[The data — start]

-- ===== src/Convey.antt =====
-- src/convey.rs: the conversation between a frontend and a backend, conveyed in both directions.
pub mod State
pub mod Message
pub mod Stream
pub mod Dispatch
pub mod Conveyor
pub mod Go
pub mod Moves
pub mod Frames
pub mod Protocol
pub mod Table
pub mod Converse
pub mod Relay
pub mod Mirror
pub mod Gate
pub mod Opening
pub mod Util
pub mod Flow
pub mod Ends
pub mod Modes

[The data — finish]

- **Assigned task**
Please print exactly the lines from the one containing "pub mod Frames" through the last line of the material.

- **Response to the task**
pub mod Frames
pub mod Protocol
pub mod Table
pub mod Converse
pub mod Relay
pub mod Mirror
pub mod Gate
pub mod Opening
pub mod Util
pub mod Flow
pub mod Ends
pub mod Modes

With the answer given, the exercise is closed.